Whilst most people might struggle through life gathering titles such as 'lover', 'co-worker', 'the smelly one on the bus', 'the one who always drinks too much at parties and ends up being sick on themselves/their friends/people in the street', not many could manage to accumulate 'photojournalist, political activist, fugitive and veteran of the 1960s New York scene.' Those kinds of accolades take some serious grit. For legendary photographer Nat Finkelstein though it’s all in a life’s work.
Finkelstein passed away in October of last year, but he leaves behind him a legacy of ballsy moves and iconic work that will ensure he’s never consigned to the scrapheap of mediocre crowd-pleasing snappers.
Starting out studying photography and design under Alexey Brodovitch, the legendary art director of Harper's Bazaar, Finkelstein then went on to work as a photojournalist for the PIX and Black Star photo agencies during the 60s, with a focus on emergent subcultures and the civil rights movement. In 1964, Finkelstein became court photographer in Andy Warhol's Factory where he stayed for three years shooting the work for which he is now probably best known. Following this – and literally from one extreme to the other - Finkelstein then spent fifteen years on the Silk Road in the Middle East, forced to give up photography after becoming a fugitive from the US when a warrant was issued for his arrest as a result of his work with The Black Panthers.

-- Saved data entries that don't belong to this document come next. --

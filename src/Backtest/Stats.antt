-- ===== src/Backtest/Stats.antt =====
-- tennis/cmd/backtestbets/backtest.go: the statistics of a track, and the settling of a bet. The
-- counters are natural numbers.
use calculated_tennis.Base.{
  ℕ, suc, ◌+◌, Bool, true, false, if◌then◌else◌, ℤ, pos, ◌-ℤ◌, Float64, Option, none, some, ◌==◌,
  float_eq,
}
use calculated_tennis.TennisAbstract.Surfaces.{MatchSurface, hard, clay, grass, unknown}
use calculated_tennis.TennisAbstract.Sides.{BetSide, side_none, side_a, side_b}

pub record SurfaceBetStats : Type 0 where
  pub wins : ℕ
  pub bets : ℕ

abbrev pub no_surface_bets : SurfaceBetStats
no_surface_bets = record { wins = 0; bets = 0 }

-- `picked == winner`.
abbrev pub same_side : BetSide → BetSide → Bool
same_side side_none side_none = true
same_side side_a side_a = true
same_side side_b side_b = true
same_side side_none side_a = false
same_side side_none side_b = false
same_side side_a side_none = false
same_side side_a side_b = false
same_side side_b side_none = false
same_side side_b side_a = false

module _ (R : Float64) where
  open R use {F, zero, one, lt, add, sub, mul, div, neg, of_int}

  pub record BacktestStats : Type 0 where
    pub final_balance : F
    pub gross_profit : F
    pub gross_loss : F
    pub total_wagered : F
    pub bets : ℕ
    pub wins : ℕ
    pub losses : ℕ
    pub skipped : ℕ
    pub parlay_legs : ℕ
    pub matches_walk : ℕ
    pub hard_bets : SurfaceBetStats
    pub clay_bets : SurfaceBetStats
    pub grass_bets : SurfaceBetStats

  -- The statistics of a walk of `n` matches before the first.
  abbrev pub no_stats : ℕ → BacktestStats
  no_stats n = record {
    final_balance = zero;
    gross_profit = zero;
    gross_loss = zero;
    total_wagered = zero;
    bets = 0;
    wins = 0;
    losses = 0;
    skipped = 0;
    parlay_legs = 0;
    matches_walk = n;
    hard_bets = no_surface_bets;
    clay_bets = no_surface_bets;
    grass_bets = no_surface_bets;
  }

  -- `stats.Skipped++`.
  abbrev pub skip : BacktestStats → BacktestStats
  skip s = record {
    final_balance = s.final_balance;
    gross_profit = s.gross_profit;
    gross_loss = s.gross_loss;
    total_wagered = s.total_wagered;
    bets = s.bets;
    wins = s.wins;
    losses = s.losses;
    skipped = suc s.skipped;
    parlay_legs = s.parlay_legs;
    matches_walk = s.matches_walk;
    hard_bets = s.hard_bets;
    clay_bets = s.clay_bets;
    grass_bets = s.grass_bets;
  }

  abbrev pub surface_stats : BacktestStats → MatchSurface → SurfaceBetStats
  surface_stats s hard = s.hard_bets
  surface_stats s clay = s.clay_bets
  surface_stats s grass = s.grass_bets
  surface_stats s unknown = no_surface_bets

  -- `updated` where the surface is this one.
  abbrev pub set_hard : MatchSurface → SurfaceBetStats → SurfaceBetStats → SurfaceBetStats
  set_hard hard updated old = updated
  set_hard clay updated old = old
  set_hard grass updated old = old
  set_hard unknown updated old = old

  abbrev pub set_clay : MatchSurface → SurfaceBetStats → SurfaceBetStats → SurfaceBetStats
  set_clay hard updated old = old
  set_clay clay updated old = updated
  set_clay grass updated old = old
  set_clay unknown updated old = old

  abbrev pub set_grass : MatchSurface → SurfaceBetStats → SurfaceBetStats → SurfaceBetStats
  set_grass hard updated old = old
  set_grass clay updated old = old
  set_grass grass updated old = updated
  set_grass unknown updated old = old

  unfoldable pub settle_bet : BetSide → BetSide → F → F → F
  settle_bet picked winner odds stake =
      if same_side picked winner then mul stake (sub odds one) else neg stake

  -- A bet or a parlay of `legs` legs is counted, with its profit or loss, on the surface.
  unfoldable pub count_bet : BacktestStats → MatchSurface → ℕ → F → F → BacktestStats
  count_bet s surface legs stake pnl =
      let won = lt zero pnl in
      let old = surface_stats s surface in
      let surf : SurfaceBetStats = record {
        wins = if won then suc old.wins else old.wins;
        bets = suc old.bets;
      } in
      record {
        final_balance = add s.final_balance pnl;
        gross_profit = if won then add s.gross_profit pnl else s.gross_profit;
        gross_loss = if won then s.gross_loss else add s.gross_loss (neg pnl);
        total_wagered = add s.total_wagered stake;
        bets = suc s.bets;
        wins = if won then suc s.wins else s.wins;
        losses = if won then s.losses else suc s.losses;
        skipped = s.skipped;
        parlay_legs = s.parlay_legs + legs;
        matches_walk = s.matches_walk;
        hard_bets = set_hard surface surf s.hard_bets;
        clay_bets = set_clay surface surf s.clay_bets;
        grass_bets = set_grass surface surf s.grass_bets;
      }

  unfoldable pub apply_bet :
      BacktestStats → MatchSurface → BetSide → F → F → BetSide → BacktestStats
  unfolding count_bet settle_bet
  apply_bet s surface picked odds stake winner =
      count_bet s surface 0 stake (settle_bet picked winner odds stake)

  abbrev pub win_prob_for_side : ℤ → ℤ → BetSide → F
  win_prob_for_side wins_a sims side_a = div (of_int wins_a) (of_int sims)
  win_prob_for_side wins_a sims side_b = div (of_int (sims -ℤ wins_a)) (of_int sims)
  win_prob_for_side wins_a sims side_none = zero

  -- `risk.ExpectedValueDecimalOdds`.
  abbrev pub expected_value_decimal_odds : F → F → F
  expected_value_decimal_odds p odds = sub (mul p odds) one

  -- `initial` with the net profit, floored at 0.
  abbrev pub notional_bankroll : F → F → F
  notional_bankroll initial net = let b = add initial net in if lt b zero then zero else b

  -- `none` stands for the NaN that the code returns.
  unfoldable pub win_rate : BacktestStats → Option F
  win_rate s = if s.bets == 0 then none else some (div (of_int (pos s.wins)) (of_int (pos s.bets)))

  unfoldable pub return_pct : BacktestStats → F → Option F
  return_pct s stake =
      let wagered =
        if float_eq R s.total_wagered zero
        then mul (of_int (pos s.bets)) stake
        else s.total_wagered in
      if float_eq R wagered zero
      then none
      else some (div (mul (of_int (pos 100)) s.final_balance) wagered)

The exhibition of his work currently on show at the Ideas Generation Gallery in Bethnal Green is full of iconic black and white shots of Warhol and his followers that are fascinatingly intimate and compelling because of who’s in them and the insights they give. There’s also some of the type of work Finkelstein did with The Black Panthers that generated the warrant for his arrest and the subsequent escape east. So if you're curious about why all those accolades were acquired, take a look - it’s all there in black and white.